Déchèterie

centre organisant la collecte et la récupération des déchets From Wikipedia, the free encyclopedia

Une déchèterie, déchetterie[a], recyparc[b], écocentre[c] ou écopoint[2] est un centre organisant la collecte et la récupération des déchets.

Une déchèterie.
Place des déchèteries dans le schéma global de valorisation des déchets.

Étymologie

Le mot « déchèterie » et sa variante orthographique « déchetterie » est un néologisme formé à partir du substantif « déchet » et du suffixe -erie qui sert à désigner un lieu.

S'agissant de constructions substantives néologiques, il n'y a pas de préférence d'usage à avoir par rapport à l'une ou l'autre variante orthographique. Certains organismes optent pour l'une ou l'autre variante. C'est par exemple le cas de l'Académie française qui a opté pour l'orthographe déchèterie tout en reconnaissant un usage plus fréquent de la variante déchetterie[3] et se laisse la possibilité d'admettre les deux variantes[4]. A contrario, l'Union européenne utilise la variante orthographique déchetterie dans sa communication officielle et ses textes de loi[5].

Description

Les déchèteries assurent la collecte de déchets apportés par les ménages ce qui concède la propriété de cet objet au gestionnaire de l’équipement. Le fait de le « récupérer » constitue un vol sanctionné par la justice. Ce comportement, de plus en plus fréquent, est une des dérives engendrées par la flambée du prix des métaux.

Les déchèteries sont gérées la plupart du temps par des collectivités qui peuvent également accepter l'ouverture aux artisans sous certaines conditions (financières, volume, etc.). Elles assurent ensuite le choix de la meilleure filière pour les déchets : le recyclage, la valorisation matière, l'incinération ou le stockage dans un centre d'enfouissement.

Par pays

France

Selon la législation française, les déchèteries sont des installations classées pour la protection de l'environnement (ICPE). En effet, ce type d'installation est concerné par la rubrique no 2710 de la nomenclature des installations classées (« installations de collecte de déchets apportés par le producteur initial de ces déchets, à l'exclusion des installations visées à la rubrique 2719 »), qui est divisée en deux sous-catégories selon la nature des déchets collectés (dangereux ou non dangereux)[6] :

  • Rubrique no 2710-1 :
    • Les installations susceptibles de stocker une quantité supérieure ou égale à 7 tonnes de déchets dangereux sont soumises à autorisation préfectorale. Cette autorisation est délivrée sous la forme d'un arrêté préfectoral qui impose à l'exploitant le respect d'un certain nombre de prescriptions techniques[7].
    • Les installations susceptibles de stocker une quantité comprise entre 1 et 7 tonnes de déchets dangereux doivent être déclarées. Afin de limiter leur impact environnemental, les exploitants de ces installations doivent notamment respecter les prescriptions techniques d'un arrêté ministériel daté du 27 mars 2012[8]. Les exploitants doivent également faire réaliser un contrôle périodique sur leurs installations.
  • Rubrique no 2710-2 :
    • Les installations susceptibles de stocker une quantité supérieure ou égale à 300 mètres cubes de déchets non dangereux sont soumises à enregistrement. Afin de limiter leur impact environnemental, les exploitants de ces installations doivent notamment respecter les prescriptions techniques d'un arrêté ministériel daté du 26 mars 2012[9].
    • Les installations susceptibles de stocker une quantité comprise entre 100 et 300 mètres cubes de déchets non dangereux doivent être déclarées. Afin de limiter leur impact environnemental, les exploitants de ces installations doivent notamment respecter les prescriptions techniques d'un arrêté ministériel daté du 27 mars 2012[10]. Les exploitants doivent également faire réaliser un contrôle périodique sur leurs installations.
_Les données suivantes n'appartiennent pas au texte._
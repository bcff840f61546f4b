-- ===== src/Client/Sender/Keeps.antt =====
-- When events leave the queue: at-least-once delivery as the sender sees it.
use clickman.Base.{
  ℕ, ◌≡◌, refl, ap, subst, ◌⊎◌, inl, inr, ◌∙◌, Bool, true, false, Option, none, some, List, [], ◌∷◌,
  keep, not, ltb, leb, arith, Option-cases,
}
use clickman.Base.Int.{ℤ, ltb_ℤ, leb_ℤ, saturating_sub}
use clickman.Client.Error.{Result, ok}
use clickman.Client.Clock.{unix_millis, millis, rfc3339_millis}
use clickman.Client.Config.{Config}
use clickman.Client.Outcome.{Outcome, delivered, refused, of}
use clickman.Client.Backoff.Float.{Float64}
use clickman.Client.Platform.{Platform}
use clickman.Client.Store.{Row, Database}
use clickman.Client.Queue.{Batch, Urgency, payload, delete, purge, take_batch, remove}
use clickman.Client.Sender.{
  idle, clear, SenderState, Attempt, World, Answer, Request, reserve, answer_of, url, headers,
  deliver, send_taken, send_next,
}

keep-fresh :
    (cutoff : ℤ) (rows : List Row)
    → keep (λ row. not (ltb_ℤ row.created_at cutoff)) rows
      ≡ keep (λ row. leb_ℤ cutoff row.created_at) rows
keep-fresh cutoff [] = refl
keep-fresh cutoff (row ∷ rows) =
    let same : not (ltb_ℤ row.created_at cutoff) ≡ leb_ℤ cutoff row.created_at = ground arith in
    rw (same, keep-fresh cutoff rows) refl

-- What the purge leaves are the events from the cutoff on.
purge-keep :
    (cutoff : ℤ) (db : Database)
    → purge cutoff db ≡ record db { events = keep (λ row. leb_ℤ cutoff row.created_at) db.events }
unfolding purge delete
purge-keep cutoff db = ap (λ rows. record db { events = rows }) (keep-fresh cutoff db.events)

keep-above :
    (n : ℕ) (rows : List Row)
    → keep (λ row. not (ltb row.seq n)) rows ≡ keep (λ row. leb n row.seq) rows
keep-above n [] = refl
keep-above n (row ∷ rows) =
    let same : not (ltb row.seq n) ≡ leb n row.seq = ground arith in
    rw (same, keep-above n rows) refl

-- What `remove` leaves are the events from the last number of the batch on.
pub remove-keep :
    (batch : Batch) (db : Database)
    → remove batch db ≡ record db { events = keep (λ row. leb batch.last_seq row.seq) db.events }
unfolding remove delete
remove-keep batch db =
    ap (λ rows. record db { events = rows }) (keep-above batch.last_seq db.events)

-- The two outcomes after which a batch leaves the queue.
abbrev pub leaves : Result (Option Outcome) → Bool
leaves (ok (some delivered)) = true
leaves (ok (some refused)) = true
leaves _ = false

module _ (p : Platform) (f : Float64) (config : Config) (attempt : Attempt f) where
  -- The request that carries a batch whose payload compresses to `body`.
  abbrev pub request : List ℕ → Request
  request body = record { url = url config; headers = headers config; body = body }

  abbrev pub answered : List ℕ → Answer
  answered body = answer_of (attempt.reply (request body))

  -- The batch was sent, and the server answered that it has it or never will.
  pub record Left (batch : Batch) (db : Database) (w' : World) : Type 0 where
    pub body : List ℕ
    pub sent : p.compress (payload batch (rfc3339_millis (p.civil attempt.now))) ≡ some body
    pub answer : (of (answered body).status ≡ delivered) ⊎ (of (answered body).status ≡ refused)
    pub removed : w'.database ≡ remove batch (attempt.meanwhile db)
    pub cleared : w'.state ≡ record { flight = idle; backoff = clear }

  deliver-Left :
      (batch : Batch) (w : World)
      → leaves (deliver p f config batch attempt w).0 ≡ true
      → Left batch w.database (deliver p f config batch attempt w).1
  unfolding deliver
  deliver-Left batch w h =
      elim (Option-cases (p.compress (payload batch (rfc3339_millis (p.civil attempt.now))))) [
        | inl e ↦ absurd (ground arith)
        | inr (body, e) ↦ record {
          body = body;
          sent = e;
          answer = ground arith;
          removed = ground arith;
          cleared = ground arith;
        }
      ]

  -- The request that was made, and what its answer was read as.
  pub record Posted (batch : Batch) (outcome : Outcome) : Type 0 where
    pub body : List ℕ
    pub sent : p.compress (payload batch (rfc3339_millis (p.civil attempt.now))) ≡ some body
    pub answer : of (answered body).status ≡ outcome

  deliver-Posted :
      (batch : Batch) (w : World) (outcome : Outcome)
      → (deliver p f config batch attempt w).0 ≡ ok (some outcome)
      → Posted batch outcome
  unfolding deliver
  deliver-Posted batch w outcome h =
      elim (Option-cases (p.compress (payload batch (rfc3339_millis (p.civil attempt.now))))) [
        | inl e ↦ absurd (ground arith)
        | inr (body, e) ↦ record { body = body; sent = e; answer = ground arith }
      ]

  deliver-outcome :
      (batch : Batch) (w : World) (outcome : Outcome)
      → Posted batch outcome
      → (deliver p f config batch attempt w).0 ≡ ok (some outcome)
  unfolding deliver
  deliver-outcome batch w outcome posted =
      rw (posted.sent, deliver) (ap (λ o. ok (some o)) posted.answer)

  deliver_stays :
      (batch : Batch) (w : World)
      → leaves (deliver p f config batch attempt w).0 ≡ false
      → attempt.meanwhile w.database ≡ w.database
      → (deliver p f config batch attempt w).1.database ≡ w.database
  unfolding deliver
  deliver_stays batch w h quiet = ground arith

  send_taken-Left :
      (taken : Option Batch) (w : World)
      → leaves (send_taken p f config taken attempt w).0 ≡ true
      → (batch : Batch) × (taken ≡ some batch)
        × Left batch w.database (send_taken p f config taken attempt w).1
  unfolding send_taken
  send_taken-Left none w h = absurd (cc)
  send_taken-Left (some batch) w h = (batch, refl, deliver-Left batch w h)

  send_taken-Posted :
      (taken : Option Batch) (w : World) (batch : Batch) (outcome : Outcome)
      → taken ≡ some batch
      → (send_taken p f config taken attempt w).0 ≡ ok (some outcome)
      → Posted batch outcome
  unfolding send_taken
  send_taken-Posted none w batch outcome e h = absurd (ground arith)
  send_taken-Posted (some b) w batch outcome e h =
      let same : b ≡ batch = ground arith in
      subst (λ b. Posted b outcome) same (deliver-Posted b w outcome h)

  send_taken_stays :
      (taken : Option Batch) (w : World)
      → leaves (send_taken p f config taken attempt w).0 ≡ false
      → attempt.meanwhile w.database ≡ w.database
      → (send_taken p f config taken attempt w).1.database ≡ w.database
  unfolding send_taken
  send_taken_stays none w h quiet = refl
  send_taken_stays (some batch) w h quiet = deliver_stays batch w h quiet

  module _ (urgency : Urgency) (w : World) where
    -- The oldest events that are due, and the store without those past their age.
    abbrev pub taking : Option Batch × Database
    taking = take_batch config (unix_millis attempt.now) urgency w.database

    -- A send that comes to delivered or refused had taken a batch and posted it, and the server
    -- had answered it with a success or a refusal; it leaves the store as `remove` leaves it after
    -- what the other calls did meanwhile, with no failure remembered and nothing in flight.
    pub send_next-Left :
        leaves (send_next p f config urgency attempt w).0 ≡ true
        → (batch : Batch) × (taking.0 ≡ some batch)
          × Left batch taking.1 (send_next p f config urgency attempt w).1
    unfolding send_next
    send_next-Left h = elim (Option-cases (reserve (unix_millis attempt.now) w.state)) [
      | inl e ↦ absurd (ground arith)
      | inr (state, e) ↦
          rw (e, send_next)
            (send_taken-Left taking.0 (record { database = taking.1; state = state })
              (rw (e, send_next) at h))
    ]

    -- A send that comes to an outcome has made the request of the batch that it took.
    pub send_next-Posted :
        (batch : Batch) (outcome : Outcome)
        → taking.0 ≡ some batch
        → (send_next p f config urgency attempt w).0 ≡ ok (some outcome)
        → Posted batch outcome
    unfolding send_next
    send_next-Posted batch outcome e h =
        elim (Option-cases (reserve (unix_millis attempt.now) w.state)) [
          | inl refused' ↦ absurd (ground arith)
          | inr (state, reserved) ↦
              send_taken-Posted taking.0 _ batch outcome e (rw (reserved, send_next) at h)
        ]

    -- A send that may go and takes a batch comes to what the answer to its request is read as.
    pub send_next-outcome :
        (state : SenderState) (batch : Batch) (outcome : Outcome)
        → reserve (unix_millis attempt.now) w.state ≡ some state
        → taking.0 ≡ some batch
        → Posted batch outcome
        → (send_next p f config urgency attempt w).0 ≡ ok (some outcome)
    unfolding send_next send_taken
    send_next-outcome state batch outcome reserved takes posted =
        rw (reserved, send_next)
          (ap
              (λ taken.
                (send_taken p f config taken attempt
                  (record { database = taking.1; state = state })).0)
              takes
            ∙ deliver-outcome batch (record { database = taking.1; state = state }) outcome posted)

    -- After a send that comes to anything but delivered or refused, a retry, an error or nothing
    -- to send, the queue is as it was or holds just those of its events that are not past their age,
    -- in their order, where no other call changed the store meanwhile.
    pub send_next_stays :
        leaves (send_next p f config urgency attempt w).0 ≡ false
        → attempt.meanwhile taking.1 ≡ taking.1
        → ((send_next p f config urgency attempt w).1.database ≡ w.database)
          ⊎ ((send_next p f config urgency attempt w).1.database ≡ record w.database {
            events =
                keep
                  (λ row.
                    leb_ℤ
                      (saturating_sub (unix_millis attempt.now) (millis config.max_age))
                      row.created_at)
                  w.database.events;
          })
    unfolding send_next
    send_next_stays h quiet = elim (Option-cases (reserve (unix_millis attempt.now) w.state)) [
      | inl e ↦ inl (rw (e, send_next))
      | inr (state, e) ↦ inr (
          rw (e, send_next)
            (send_taken_stays taking.0 (record { database = taking.1; state = state })
                (rw (e, send_next) at h) quiet
              ∙ unfold take_batch in
                purge-keep (saturating_sub (unix_millis attempt.now) (millis config.max_age))
                  w.database))
    ]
L'instruction des demandes d'autorisation et d'enregistrement ainsi que le contrôle du respect des prescriptions techniques par les exploitants sont réalisés par l'inspection des installations classées[11].

Canada (Québec)

Au Québec, il existe un réseau d'installations similaires, appelées « écocentres ». Les écocentres ont sensiblement le même rôle de gestion des déchets. Cependant, la récupération y est généralement tolérée, voire valorisée dans le cadre du réemploi.

La liste de matières récupérables par les usagers est plus ou moins longue selon le site. Le matériel informatique usagé, les pièces électriques, électroniques ou mécaniques, les meubles, les appareils électroménagers, sont autant d'objets pouvant être récupérés, pour autant que cette récupération reste dans des limites raisonnables (collecte délibérée de cuivre, d'aluminium ou de fer/acier). Une petite contribution (de l'ordre de un à deux dollars canadiens) est souvent demandée pour les pièces métalliques ou le matériel présentant encore une certaine valeur, pour financer partiellement les installations. Plusieurs sites font aussi don de certains de ces appareils ou meubles à des familles dans le besoin lorsqu'ils sont encore fonctionnels. Certaines pièces réutilisables peuvent être démontées et remises en service, le reste étant envoyé au recyclage.

La politique des écocentres prône la réutilisation et la valorisation. Autrement dit, un maximum de matière doit être détourné des dépotoirs, et tous les moyens sont bons pour y parvenir, ce qui explique les réglementations plus permissives, entre autres au sujet de la récupération par les usagers.

Belgique

En Belgique, la gestion des déchets est organisée par chacun commune. La plupart des communes associent leur politique environnementale et de gestion des déchets au sein d'une structure territoriale commune dénommée intercommunale. Le ramassage des déchets ménagers, PMC et papiers/ cartons ainsi que les parcs à conteneurs dépendent donc d’une intercommunale spécifiques[12]. L'intercommunale est 100% publique.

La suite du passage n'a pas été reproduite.